The limitations as I see them are:

  1. The maximum number of recipes allowed in the LifecyclePolicyResourceSelection API documentation which can be used as selection criteria is 50. This 50 recipe limit is quite an arbitrary number, and when a user has a large number of image recipes it is both an extremely small limit, and would become a burden to add all recipes to this rule scope parameter.

    I've verified this is not adjustable in the AWS Service Quotas self service quota increase dashboard in the AWS Console (or the Service Quotas API).

  2. In the EC2 Image Builder Lifecycle Policies AWS Console, when selecting the recipes to apply the Rule Scope, the drop down list only displays a few current recipes. It shows a spinner and indicates it is "Loading Recipes" (see screenshot) but the additional recipes never show up.

Rule Scope

Recommended Solutions (Feature Requests)

  1. An obvious solution to the first limitation above (the 50 recipe maximum problem) is allowing more than 50 recipes in the selection criteria Rule Scope.

    Of course, there's a much more user friendly and comprehensive approach. The most ergonomic proposal would be to allow a wildcard or pattern matching syntax. This would allow power users to identify their recipes in the Rule Scope with something that looks like the below json (the API documentation requires name/semanticVersion key value pairs). Otherwise it would mean still having to list every single version you've created that should be subject to the rule scope.

    {
        "name": "ubuntu-recipe",
        "semanticVersion": "*"
    }
    

    My rationale for these suggestions are as follows: If AWS only took the approach of allowing more than 50 recipes in the selection criteria Rule Scope, users would still have to add every single recipe version to the Rule Scope. Every single recipe version would have to be inserted in the LifecyclePolicyResourceSelection mentioned above. Allowing for a wildcard is much more approachable, as users would only need to add the recipe name and a wildcard to the selection criteria Rule Scope once, and never have to think about it again.

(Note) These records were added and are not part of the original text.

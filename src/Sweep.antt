-- ===== src/Sweep.antt =====
-- The sweep of expired collections: moltendb-server/src/ttl_sweep.rs. The clock stands still during a turn of
-- its loop. A `BinaryHeap` of reversed entries is the list of the entries in the order of their times.
pub mod Turn
pub mod Live
use molten_db.Prelude.{
  ℕ, zero, suc, Bool, true, false, Option, none, some, List, [], ◌∷◌, Str, codes, str_beq, leb, ltb,
  length, if◌then◌else◌, ◌>>=◌,
}
use molten_db.Json.{Value}
use molten_db.Json.Object
use molten_db.Engine.State.{World, Db}
use molten_db.Engine.Api.{delete_collection, get_ttl_expiry}

pub record ExpiryEntry : Type 0 where
  pub expires_at_ms : ℕ
  pub collection : Str

abbrev pub Heap : Type 0
Heap = List ExpiryEntry

unfoldable pub push : ExpiryEntry → Heap → Heap
push e [] = e ∷ []
push e (f ∷ heap) =
    let rest = push e heap in if leb e.expires_at_ms f.expires_at_ms then e ∷ f ∷ heap else f ∷ rest

-- The event of a message, if it can be read.
unfoldable pub read_event : Value → Option ExpiryEntry
unfolding Object.lookup Object.as_str Object.as_u64
read_event event = do
  name ← (do v ← Object.lookup event (codes "event"); Object.as_str v)
  if str_beq name (codes "ttl_expiry")
      then (do
        col ← (do v ← Object.lookup event (codes "collection"); Object.as_str v)
        expires_at ← (do v ← Object.lookup event (codes "expires_at_ms"); Object.as_u64 v)
        some record { expires_at_ms = expires_at; collection = col })
      else none

unfoldable pub try_update_heap : Heap → Option Value → Heap
unfolding read_event push
try_update_heap heap msg = elim (do event ← msg; read_event event) [
  | none ↦ heap
  | some e ↦ push e heap
]

module _ (w : World) (tx : Str) (now : ℕ) where
  -- Whatever comes of it: an error is only logged.
  unfoldable pub drop_collection : Str → Db → Db
  unfolding delete_collection
  drop_collection c db = (delete_collection w now tx c db).1

  -- At the start, of all expiries.
  unfoldable pub start : List ExpiryEntry → Heap → Db → Heap × Db
  unfolding drop_collection push
  start [] heap db = (heap, db)
  start (e ∷ es) heap db =
      if leb e.expires_at_ms now
      then start es heap (drop_collection e.collection db)
      else start es (push e heap) db

  -- What to do about an entry that has expired: it comes back with the time that its collection has now,
  -- or its collection goes.
  unfoldable pub renewed : Db → Str → Option ℕ
  unfolding get_ttl_expiry
  renewed db c = do current ← get_ttl_expiry db c; if ltb now current then some current else none

  unfoldable pub evict_entry : Str → Heap → Db → Heap × Db
  unfolding renewed push drop_collection
  evict_entry c heap db = elim (renewed db c) [
    | some current ↦ (push record { expires_at_ms = current; collection = c } heap, db)
    | none ↦ (heap, drop_collection c db)
  ]

  unfoldable pub evict_on : ℕ → Heap → Db → Heap × Db
  unfolding evict_entry
  evict_on zero heap db = (heap, db)
  evict_on (suc fuel) [] db = ([], db)
  evict_on (suc fuel) (e ∷ heap) db =
      let next : Heap × Db = evict_entry e.collection heap db in
      let rest = evict_on fuel next.0 next.1 in
      if leb e.expires_at_ms now then rest else (e ∷ heap, db)

  -- An entry that comes back has not expired, so that a turn for each entry is enough.
  unfoldable pub evict : Heap → Db → Heap × Db
  unfolding evict_on
  evict heap db = evict_on (length heap) heap db
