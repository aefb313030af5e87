-- ===== src/Sweep/Live.antt =====
-- What a turn of the sweep leaves alone: collections that have not expired.
use molten_db.Prelude.{
  ◌≡◌, refl, ap, ◌∙◌, ℕ, zero, suc, ◌<◌, false, Option, none, some, [], ◌∷◌, Str, codes, str_eq,
  leb, lt→ltb, str_beq, str_beq→eq, Bool-cases, Option-cases, inl, inr, length, Bytes,
}
use molten_db.Prelude.Map
use molten_db.Prelude.Map.{Map}
use molten_db.Wal.Entry.{LogEntry}
use molten_db.Json.{null}
use molten_db.Wal.Command
use molten_db.Engine.Types.{ok, err, Event, change, Result}
use molten_db.Engine.Op.{Op, ◌>>=◌, ◌>>◌, modify, continue}
use molten_db.Engine.State.{World, Db, new_entry, write_entry, begin, commit, send}
use molten_db.Engine.Delete
use molten_db.Engine.Delete.{drop_state}
use molten_db.Engine.Api.{delete_collection, get_ttl_expiry, forget_expiry}
use molten_db.Sweep.{Heap, renewed, evict_entry, evict_on, evict, drop_collection}

-- The documents and the expiry of a collection.
abbrev pub View : Type 0
View = Option (Map Str Bytes) × Option ℕ

unfoldable pub view : Str → Db → View
unfolding Map.get get_ttl_expiry
view d db = (Map.get db.memory.state d, get_ttl_expiry db d)

abbrev Keeps : {A : Type 0} → Str → Op Db A → Type 0
Keeps d m = (db : Db) → view d (m db).1 ≡ view d db

continue-Keeps :
    {A B : Type 0} (d : Str) (r : Result A) (f : A → Op Db B) (s : Db)
    → ((a : A) → Keeps d (f a))
    → view d (continue r f s).1 ≡ view d s
continue-Keeps d (ok a) f s g = g a s
continue-Keeps d (err e) f s g = refl

bind-Keeps :
    {A B : Type 0} (d : Str) (m : Op Db A) (f : A → Op Db B)
    → Keeps d m
    → ((a : A) → Keeps d (f a))
    → Keeps d (m >>= f)
bind-Keeps d m f h g db = continue-Keeps d (m db).0 f (m db).1 g ∙ h db

then-Keeps :
    {A : Type 0} (d : Str) (m : Op Db (Unit {0})) (n : Op Db A)
    → Keeps d m
    → Keeps d n
    → Keeps d (m >> n)
then-Keeps d m n h g = bind-Keeps d m (λ u. n) h λ u. g

module _ (w : World) (now : ℕ) where
  write_entry-Keeps : (d : Str) (e : LogEntry) → Keeps d (write_entry w e)
  unfolding write_entry view
  write_entry-Keeps d e db = elim (Bool-cases (w.accepts db.wal e)) [
    | inl yes_it ↦ rw yes_it refl
    | inr no_it ↦ rw no_it refl
  ]

  begin-Keeps : (d c tx : Str) → Keeps d (begin w now c tx)
  unfolding begin
  begin-Keeps d c tx = write_entry-Keeps d _

  commit-Keeps : (d c tx : Str) → Keeps d (commit w now c tx)
  unfolding commit
  commit-Keeps d c tx = write_entry-Keeps d _

  send-Keeps : (d : Str) (ev : Event) → Keeps d (send ev)
  unfolding send view
  send-Keeps d ev db = refl

  module _ (d c : Str) (differ : str_beq c d ≡ false) where
    drop_state-Keeps : (db : Db) → view d (drop_state c db) ≡ view d db
    unfolding drop_state view get_ttl_expiry
    drop_state-Keeps db =
        let other : Map.get (Map.remove c db.memory.state) d ≡ Map.get db.memory.state d =
          rw (Map.get-remove c d db.memory.state, differ) refl in
        ap (λ o. (o, Map.get db.memory.ttl_expiry d)) other

    forget_expiry-Keeps : (db : Db) → view d (forget_expiry c db) ≡ view d db
    unfolding view get_ttl_expiry
    forget_expiry-Keeps db =
        let other : Map.get (Map.remove c db.memory.ttl_expiry) d ≡ Map.get db.memory.ttl_expiry d =
          rw (Map.get-remove c d db.memory.ttl_expiry, differ) refl in
        ap (λ o. (Map.get db.memory.state d, o)) other

    delete-Keeps : (tx : Str) → Keeps d (Delete.delete_collection w now tx c)
    unfolding Delete.delete_collection
    delete-Keeps tx =
        let logged = write_entry w (new_entry now Command.ikey_drop c (codes "*") null) in
        let told = send (change c (codes "*") none none) in
        let last = then-Keeps d (commit w now c tx) told (commit-Keeps d c tx) (send-Keeps d _) in
        let more = then-Keeps d logged (commit w now c tx >> told) (write_entry-Keeps d _) last in
        then-Keeps d (begin w now c tx)
          (modify (drop_state c) >> (logged >> (commit w now c tx >> told))) (begin-Keeps d c tx)
          (then-Keeps d (modify (drop_state c)) (logged >> (commit w now c tx >> told))
            drop_state-Keeps more)

    delete_collection-Keeps : (tx : Str) → Keeps d (delete_collection w now tx c)
    unfolding delete_collection view get_ttl_expiry
    delete_collection-Keeps tx =
        let counters = modify λ (db : Db). record db {
          ttl_defaults = Map.remove c db.ttl_defaults;
          seq_counters = Map.remove c db.seq_counters;
        } in
        then-Keeps d (Delete.delete_collection w now tx c) (modify (forget_expiry c) >> counters)
          (delete-Keeps tx)
          (then-Keeps d (modify (forget_expiry c)) counters forget_expiry-Keeps λ db. refl)

module _ (w : World) (tx : Str) (now : ℕ) (d : Str) (at : ℕ) (later : now < at) where
  -- An entry of the collection itself comes back, and that of another one does not touch it.
  evict_entry-view :
      (c : Str) (heap : Heap) (db : Db)
      → get_ttl_expiry db d ≡ some at
      → view d (evict_entry w tx now c heap db).1 ≡ view d db
  unfolding evict_entry drop_collection renewed
  evict_entry-view c heap db h = elim (Bool-cases (str_beq c d)) [
    | inl own ↦
        let current : get_ttl_expiry db c ≡ some at =
          ap (get_ttl_expiry db) (str_beq→eq c d own) ∙ h in
        rw (evict_entry, renewed, current, lt→ltb now at later) refl
    | inr other ↦ elim (Option-cases (renewed w tx now db c)) [
      | inl gone ↦ rw (evict_entry, gone) (delete_collection-Keeps w now d c other tx db)
      | inr (current, e) ↦ rw (evict_entry, e) refl
    ]
  ]

  evict_on-view :
      (fuel : ℕ) (heap : Heap) (db : Db)
      → get_ttl_expiry db d ≡ some at
      → view d (evict_on w tx now fuel heap db).1 ≡ view d db
  unfolding evict_on view
  evict_on-view zero heap db h = refl
  evict_on-view (suc fuel) [] db h = refl
  evict_on-view (suc fuel) (e ∷ heap) db h = elim (Bool-cases (leb e.expires_at_ms now)) [
    | inl gone ↦
        let next : Heap × Db = evict_entry w tx now e.collection heap db in
        let same : view d (evict_entry w tx now e.collection heap db).1 ≡ view d db =
          evict_entry-view e.collection heap db h in
        rw gone (evict_on-view fuel next.0 next.1 (ap (λ v. v.1) same ∙ h) ∙ same)
    | inr live ↦ rw live refl
  ]

-- A turn of the sweep leaves the documents and the expiry of a collection as they were whose expiry is
-- still to come, whatever entries for it are on the heap.
pub evict-view :
    (w : World) (tx : Str) (now : ℕ) (heap : Heap) (db : Db) (d : Str) (at : ℕ)
    → now < at
    → get_ttl_expiry db d ≡ some at
    → view d (evict w tx now heap db).1 ≡ view d db
unfolding evict
evict-view w tx now heap db d at later h = evict_on-view w tx now d at later (length heap) heap db h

    This single feature would make EC2 Image Builder Lifecycle Policies much more useful and less of a burden for users who actively manage recipes and need a tool to clean these resources up (without resorting to writing something from scratch.)

  2. To resolve the AWS Console Rule Scope drop down problem, it seems like the first 6 results are returned in the request, but the pagination isn't working to return more than those 6 results. In fact, if you open your browser developer console, you can see that 6 results are returned from the ListImageRecipes request, but no more ever appear to be returned.

    Thankfully the AWS CLI command aws imagebuilder update-lifecycle-policy (and obviously the API) allows you to provide a list of recipes, but the AWS Console is typically the first exposure that users have to how a feature works. Fixing this issue would be helpful to users newly exposed to Lifecycle Policies.

Conclusion

While EC2 Image Builder Lifecycle Policies has the potential to be a great service, it is currently hampered by the user experience (UX.) Adding functionality to make adding recipes to policies easier would be a major improvement for early adopters and power users.